WHAT THE TASK ASKS
When you reach the line in the data below that contains "pub key_type : String", please start repeating lines exactly, and stop after the line that contains "pub data KeyStatusFilter : Type 0 where", repeating nothing else.
---------- SUPPLIED MATERIAL
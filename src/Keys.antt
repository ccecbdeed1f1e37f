-- ===== src/Keys.antt =====
-- ui/src/pages/keys/helpers.ts: status, owner, filter, sort and permitted actions of API keys. The
-- engine's `toLowerCase` and `Date.parse` are arguments; a date that does not parse is `none`.
pub mod Status
pub mod Listing
pub mod Actions
pub mod Limits
pub mod Edit
pub mod Create
mod Tests
use wai_ai.Common.{
  ℕ, String, Bool, true, false, not, ◌&&◌, ◌||◌, Option, none, some, List, [], ◌∷◌, or_default,
  filter, any, if◌then◌else◌, ◌==◌,
}
use wai_ai.Common.Int.{ℤ, pos, ◌-ℤ◌, ltb_ℤ, leb_ℤ}
use wai_ai.Common.Text.{truthy, present, append, slice_start, needle, contains, text_lt}
use wai_ai.Common.Sort.{sort, compare_by}

-- `APIKeyResponse`
pub record ApiKey : Type 0 where
  pub id : String
  pub key_hint : String
  pub key_type : String
  pub name : String
  pub org_id : String
  pub team_id : Option String
  pub user_id : Option String
  pub service_account_id : Option String
  pub daily_token_limit : ℕ
  pub monthly_token_limit : ℕ
  pub requests_per_minute : ℕ
  pub requests_per_day : ℕ
  pub expires_at : Option String
  pub last_used_at : Option String
  pub created_by : String
  pub created_at : String
  pub updated_at : String

pub data KeyStatus : Type 0 where
  active expiring expired : KeyStatus

pub data KeyStatusFilter : Type 0 where
  every : KeyStatusFilter
  only : KeyStatus → KeyStatusFilter

abbrev pub expiring_window_ms : ℕ
expiring_window_ms = 604800000

-- `timeValue`, with `none` for the value that stands for a missing time.
unfoldable pub parse_time : (String → Option ℤ) → Option String → Option ℤ
parse_time parse_date iso = elim (present iso) [ none ↦ none | some s ↦ parse_date s ]

-- `keyStatus`, from the parsed expiry.
unfoldable pub status_at : Option ℤ → ℤ → KeyStatus
status_at none now = active
status_at (some exp) now =
    if leb_ℤ exp now
    then expired
    else if leb_ℤ (exp -ℤ now) (pos expiring_window_ms)
    then expiring
    else active

-- `keyStatus`
unfoldable pub key_status : (String → Option ℤ) → ApiKey → ℤ → KeyStatus
unfolding status_at
key_status parse_date key now = status_at (parse_time parse_date key.expires_at) now

pub record OwnerContext : Type 0 where
  pub me_id : Option String
  pub team_names : String → Option String
  pub service_account_names : String → Option String

-- `(id && names.get(id)) || fallback`
abbrev name_or : Option String → (String → Option String) → String → String
name_or id names fallback = elim (present id) [
  | none ↦ fallback
  | some i ↦ or_default (present (names i)) fallback
]

-- `user_id && user_id === me`, with a missing `me` equal to no id.
unfoldable pub is_own : Option String → Option String → Bool
is_own user_id none = false
is_own user_id (some me) = elim (present user_id) [ none ↦ false | some u ↦ u == me ]

-- `keyOwnerLabel`
unfoldable pub key_owner_label : ApiKey → OwnerContext → String
unfolding is_own
key_owner_label key ctx =
    if key.key_type == "sa_key"
    then name_or key.service_account_id ctx.service_account_names "Service account"
    else if key.key_type == "team_key"
    then name_or key.team_id ctx.team_names "Team"
    else if is_own key.user_id ctx.me_id
    then "You"
    else elim (present key.user_id) [ none ↦ "Unknown" | some u ↦ append "User " (slice_start 8 u) ]

abbrev same_status : KeyStatus → KeyStatus → Bool
same_status active active = true
same_status expiring expiring = true
same_status expired expired = true
same_status _ _ = false

abbrev pub passes_status : KeyStatusFilter → KeyStatus → Bool
passes_status every s = true
passes_status (only t) s = same_status s t

pub record FilterOptions : Type 0 where
  pub query : String
  pub status : KeyStatusFilter
  pub now : ℤ
  pub owner : OwnerContext

-- The predicate of `filterKeys`.
unfoldable pub key_passes : (String → String) → (String → Option ℤ) → FilterOptions → ApiKey → Bool
key_passes lower parse_date opts k =
    passes_status opts.status (key_status parse_date k opts.now)
    && (not (truthy (needle lower opts.query))
        || any (contains lower (needle lower opts.query))
            (some k.name ∷ some k.key_hint ∷ some (key_owner_label k opts.owner) ∷ []))

-- `filterKeys`
unfoldable pub filter_keys :
    (String → String) → (String → Option ℤ) → List ApiKey → FilterOptions → List ApiKey
filter_keys lower parse_date keys opts = filter (key_passes lower parse_date opts) keys

pub data KeySortColumn : Type 0 where
  name key_type owner status expires_at last_used_at created_at : KeySortColumn

pub data Direction : Type 0 where
  asc desc : Direction

abbrev pub is_asc : Direction → Bool
is_asc asc = true
is_asc desc = false

pub record KeySort : Type 0 where
  pub column : KeySortColumn
  pub direction : Direction

-- `statusOrder`
abbrev pub status_order : KeyStatus → ℕ
status_order active = 0
status_order expiring = 1
status_order expired = 2

abbrev max_safe_integer : ℕ
max_safe_integer = 9007199254740991

-- `keyTypeLabels[t] ?? t`
unfoldable pub key_type_label : String → String
key_type_label t =
    if t == "user_key"
    then "User"
    else if t == "team_key"
    then "Team"
    else if t == "sa_key"
    then "Service Acct"
    else if t == "session_key"
    then "Session"
    else t

-- The type of a column's values, and its `<`.
abbrev pub Value : KeySortColumn → Type 0
Value name = String
Value key_type = String
Value owner = String
Value _ = ℤ

abbrev pub value_lt : (c : KeySortColumn) → Value c → Value c → Bool
value_lt name = text_lt
value_lt key_type = text_lt
value_lt owner = text_lt
value_lt status = ltb_ℤ
value_lt expires_at = ltb_ℤ
value_lt last_used_at = ltb_ℤ
value_lt created_at = ltb_ℤ

module _ (lower : String → String) (parse_date : String → Option ℤ) (ctx : OwnerContext)
    (now : ℤ) where
  -- The local `value` of `sortKeys`.
  unfoldable pub value : (c : KeySortColumn) → ApiKey → Value c
  value name k = lower k.name
  value key_type k = key_type_label k.key_type
  value owner k = lower (key_owner_label k ctx)
  value status k = pos (status_order (key_status parse_date k now))
  value expires_at k = or_default (parse_time parse_date k.expires_at) (pos max_safe_integer)
  value last_used_at k = or_default (parse_time parse_date k.last_used_at) (pos 0)
  value created_at k = or_default (parse_time parse_date (some k.created_at)) (pos 0)

  -- `sortKeys`
  unfoldable pub sort_keys : List ApiKey → Option KeySort → List ApiKey
  sort_keys keys none = keys
  sort_keys keys (some s) =
      sort (compare_by (value_lt s.column) (value s.column) (is_asc s.direction)) keys

abbrev same_column : KeySortColumn → KeySortColumn → Bool
same_column name name = true
same_column key_type key_type = true
same_column owner owner = true
same_column status status = true
same_column expires_at expires_at = true
same_column last_used_at last_used_at = true
same_column created_at created_at = true
same_column _ _ = false

abbrev pub is_date_column : KeySortColumn → Bool
is_date_column created_at = true
is_date_column last_used_at = true
is_date_column _ = false

abbrev opposite : Direction → Direction
opposite asc = desc
opposite desc = asc

abbrev pub first_direction : KeySortColumn → Direction
first_direction c = if is_date_column c then desc else asc

-- `nextSort`
unfoldable pub next_sort : Option KeySort → KeySortColumn → KeySort
next_sort none c = record { column = c; direction = first_direction c }
next_sort (some s) c =
    if same_column s.column c
    then record { column = c; direction = opposite s.direction }
    else record { column = c; direction = first_direction c }

pub record KeyActions : Type 0 where
  pub can_edit : Bool
  pub can_rotate : Bool
  pub can_revoke : Bool

-- `keyActions`
unfoldable pub key_actions : ApiKey → Option String → Bool → KeyActions
unfolding is_own
key_actions key me_id can_manage_any_key =
    if key.key_type == "session_key"
    then record {
      can_edit = can_manage_any_key;
      can_rotate = false;
      can_revoke = can_manage_any_key;
    }
    else let can_manage = can_manage_any_key || is_own key.user_id me_id in
      record { can_edit = can_manage; can_rotate = can_manage; can_revoke = can_manage }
--------------------
EXPECTED ANSWER
  pub key_type : String
  pub name : String
  pub org_id : String
  pub team_id : Option String
  pub user_id : Option String
  pub service_account_id : Option String
  pub daily_token_limit : ℕ
  pub monthly_token_limit : ℕ
  pub requests_per_minute : ℕ
  pub requests_per_day : ℕ
  pub expires_at : Option String
  pub last_used_at : Option String
  pub created_by : String
  pub created_at : String
  pub updated_at : String

pub data KeyStatus : Type 0 where
  active expiring expired : KeyStatus

pub data KeyStatusFilter : Type 0 where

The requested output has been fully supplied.